KOTA BOGOR, Senin (14/04) suaraindonesia-news.com – Kondisi memprihatinkan Pasar Induk Kota Bogor terungkap dalam inspeksi mendadak (sidak) yang dilakukan Komisi III DPRD Kota Bogor. Meskipun pengelola pasar menyebut bangunan masih layak pakai, fakta di lapangan menunjukkan sebaliknya, atap bangunan dalam kondisi rusak parah, sudut-sudut pasar tampak kumuh, dan secara umum mengkhawatirkan dari sisi keselamatan.
Pengelola pasar menyatakan struktur bangunan masih kokoh, namun Komisi III mencatat kondisi sebaliknya.
“Kami lihat sendiri, bangunan sudah sangat tidak layak, atap hampir roboh,” kata Ketua Komisi III, DPRD Kota Bogor Heri Cahyono
Diketahui, renovasi baru direncanakan pada tahun 2026/2027. Hal ini tentu mengindikasikan akan adanya permohonan Penyertaan Modal Pemerintah (PMP) untuk pembiayaan revitalisasi pasar. Ironisnya, sejak pembangunan pada 2001, belum pernah dilakukan renovasi total maupun audit kelayakan bangunan ungkapnya.
Menurutnya Pernyataan pengelola bahwa akses jalan masuk dan keluar pasar masih bagus dan terkendali, dibantah langsung oleh hasil temuan sidak.
“Kami lihat ada lubang besar yang memotong separuh jalan utama, jelas ini membahayakan aktivitas kendaraan dan pengunjung pasar,” tuturnya.
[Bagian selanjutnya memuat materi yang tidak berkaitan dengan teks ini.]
-- ===== src/Lib0/Utf16/Split.antt =====
-- A string split at an offset of UTF-16 code units.
use crdt_server.Base.{
  ℕ, zero, suc, ◌+◌, ◌-◌, ◌≡◌, refl, ap, ◌∙◌, List, [], ◌∷◌, ◌++◌, append_assoc, Option, some, ltb,
  ◌==◌, if◌then◌else◌, arith, inl, inr, if-cases, is_positive,
}
use crdt_server.Lib0.Utf16.{decode_rune, units, count_units, utf16_length, split_loop, split_utf16}

-- The two parts of a result.
pub pair-eq :
    (p q : List ℕ × List ℕ)
    → ◌≡◌ {A = Option (List ℕ × List ℕ)} (some p) (some q)
    → (p.0 ≡ q.0) × (p.1 ≡ q.1)
pair-eq p q h = let e : p ≡ q = cc in (ap (λ x. x.0) e, ap (λ x. x.1) e)

split_loop_lem :
    (s : List ℕ) (skip seen n : ℕ) (front head tail : List ℕ)
    → split_loop skip seen n front s ≡ some (head, tail)
    → (head ++ tail ≡ front ++ s) × (seen + count_units skip s ≡ n + utf16_length tail)
unfolding split_loop count_units utf16_length
split_loop_lem [] zero seen n front head tail h = elim (if-cases (seen == n) h) [
  | inr (_, e) ↦ cc
  | inl (at, e) ↦ let (eh, et) = pair-eq _ (head, tail) e in rw (← eh, ← et) (refl, ground arith)
]
split_loop_lem [] (suc skip) seen n front head tail h = elim (if-cases (seen == n) h) [
  | inr (_, e) ↦ cc
  | inl (at, e) ↦ let (eh, et) = pair-eq _ (head, tail) e in rw (← eh, ← et) (refl, ground arith)
]
split_loop_lem (b ∷ bs) (suc skip) seen n front head tail h =
    let (whole, sum) = split_loop_lem bs skip seen n (front ++ (b ∷ [])) head tail h in
    (whole ∙ append_assoc front (b ∷ []) bs, sum)
split_loop_lem (b ∷ bs) zero seen n front head tail h = elim (if-cases (seen == n) h) [
  | inl (at, e) ↦ let (eh, et) = pair-eq _ (head, tail) e in rw (← eh, ← et) (refl, ground arith)
  | inr (_, e) ↦ elim (if-cases (ltb n (seen + units (decode_rune b bs))) e) [
    | inl (_, e) ↦ cc
    | inr (_, e) ↦
        let width = (decode_rune b bs).width in
        let (whole, sum) =
          split_loop_lem bs (width - 1) (seen + units (decode_rune b bs)) n (front ++ (b ∷ [])) head
            tail e in
        (whole ∙ append_assoc front (b ∷ []) bs, omega (arith, sum))
  ]
]

utf16_lem : (s : List ℕ) → utf16_length s ≡ 0 + count_units 0 s
unfolding utf16_length
utf16_lem s = omega arith

-- Where a string is split, the two parts together are the string, and if the offset is positive,
-- the string is as many code units longer than the second part as the offset says.
pub split_utf16_lem :
    (s : List ℕ) (n : ℕ) (head tail : List ℕ)
    → split_utf16 s n ≡ some (head, tail)
    → (head ++ tail ≡ s) × (utf16_length s ≡ (if is_positive n then n else 0) + utf16_length tail)
unfolding split_utf16
split_utf16_lem s n head tail h = elim (if-cases (is_positive n) h) [
  | inl (p, e) ↦
      let (whole, sum) = split_loop_lem s 0 0 n [] head tail e in (whole, rw p (utf16_lem s ∙ sum))
  | inr (p, e) ↦ let (eh, et) = pair-eq _ (head, tail) e in rw (p, ← eh, ← et) (refl, omega arith)
]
Heri menyebut, terkait penataan kendaraan, pengelola menyebut dilakukan oleh petugas parkir, namun belum jelas apakah petugas tersebut merupakan karyawan Perumda Pasar Pakuan Jaya atau dari pihak ketiga. Hal ini perlu diperjelas untuk memastikan tanggung jawab pengelolaan parkir pasar.
Pengelola pasar mengklaim adanya sistem pemilahan sampah organik dan non-organik, namun kenyataannya di lapangan tidak ditemukan praktik tersebut. Seluruh pengelolaan sampah sepenuhnya diserahkan kepada pihak ketiga. Mirisnya, dengan anggaran operasional pengelolaan pasar yang mencapai lebih dari Rp 5 miliar, belum terlihat adanya inovasi dalam pengolahan sampah internal pasar.
“Kenapa dengan anggaran sebesar itu tidak ada terobosan pengolahan sampah yang lebih baik? Ini menjadi catatan serius bagi kami,” ujarnya.
Saat sidak, Komisi III mencatat bau pesing tercium di hampir seluruh area pasar, bertolak belakang dengan klaim pengelola bahwa tidak ada kekumuhan atau bau tidak sedap.
“Faktanya, kondisi pasar sangat tidak nyaman, terutama di area sayur mayur yang penuh bau menyengat,” imbuhnya.
Jumlah petugas kebersihan pun belum jelas, dan akan diminta keterangan lanjutan mengenai total tenaga kebersihan yang tersedia.
Pengelola pasar menyebut total kapasitas kios dan los mencapai sekitar 1.500 unit dengan okupansi 80 persen atau sekitar 1.200 kios terisi. Namun, dalam sidak sebelumnya disampaikan hanya sekitar 900 kios yang terisi. Jika benar terdapat 1.200 kios aktif, maka pendapatan pasar diperkirakan lebih dari Rp 8 miliar, jauh di atas asumsi sebelumnya yang mengacu pada 900 kios.
Alumni Fahutan ini menfatakan, dalam sidak tersebut, fasilitas toilet yang diklaim tersedia dan berfungsi baik oleh pengelola, justru tidak tampak sama sekali di lokasi. Ini menimbulkan pertanyaan serius mengenai ketersediaan dan kebersihan fasilitas sanitasi pasar.
Heri menegaskan, perlunya evaluasi menyeluruh terhadap manajemen pasar, termasuk keterbukaan data jumlah pedagang, kondisi fisik bangunan, pengelolaan sampah, hingga kelayakan fasilitas umum.
“Kami tidak ingin pasar ini terus terabaikan. Fakta di lapangan jauh dari apa yang dilaporkan,” tutupnya.